◆ **EXERCISE DESCRIPTION**: Among the records below, determine how many lines have the word "default" in them; output only the number.

◆ **INPUT RECORDS**:

────────────────────

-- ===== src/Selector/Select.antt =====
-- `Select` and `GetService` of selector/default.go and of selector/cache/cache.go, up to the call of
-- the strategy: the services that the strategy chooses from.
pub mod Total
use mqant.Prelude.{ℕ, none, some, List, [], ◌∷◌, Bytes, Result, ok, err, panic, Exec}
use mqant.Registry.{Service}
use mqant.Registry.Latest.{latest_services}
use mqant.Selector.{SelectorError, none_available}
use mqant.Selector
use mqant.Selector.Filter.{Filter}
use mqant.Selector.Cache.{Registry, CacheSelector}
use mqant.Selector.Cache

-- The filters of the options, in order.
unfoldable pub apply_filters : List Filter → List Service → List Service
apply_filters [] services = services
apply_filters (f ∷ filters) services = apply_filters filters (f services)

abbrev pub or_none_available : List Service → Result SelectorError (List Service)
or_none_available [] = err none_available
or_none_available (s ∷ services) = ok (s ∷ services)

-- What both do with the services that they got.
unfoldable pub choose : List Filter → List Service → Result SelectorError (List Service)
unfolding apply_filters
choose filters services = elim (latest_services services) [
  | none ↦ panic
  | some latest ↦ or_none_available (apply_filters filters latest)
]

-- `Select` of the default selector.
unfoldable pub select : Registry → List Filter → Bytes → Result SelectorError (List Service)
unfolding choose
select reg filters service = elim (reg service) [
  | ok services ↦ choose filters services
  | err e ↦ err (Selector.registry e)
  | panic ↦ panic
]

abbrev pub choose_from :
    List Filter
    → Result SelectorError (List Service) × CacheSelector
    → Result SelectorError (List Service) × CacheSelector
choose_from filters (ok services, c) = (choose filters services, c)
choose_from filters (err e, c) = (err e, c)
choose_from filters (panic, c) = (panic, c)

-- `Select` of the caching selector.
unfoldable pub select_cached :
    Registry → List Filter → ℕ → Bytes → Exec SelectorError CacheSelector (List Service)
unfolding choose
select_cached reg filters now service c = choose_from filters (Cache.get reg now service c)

────────────────────

◆ **EXERCISE RESULT**: 2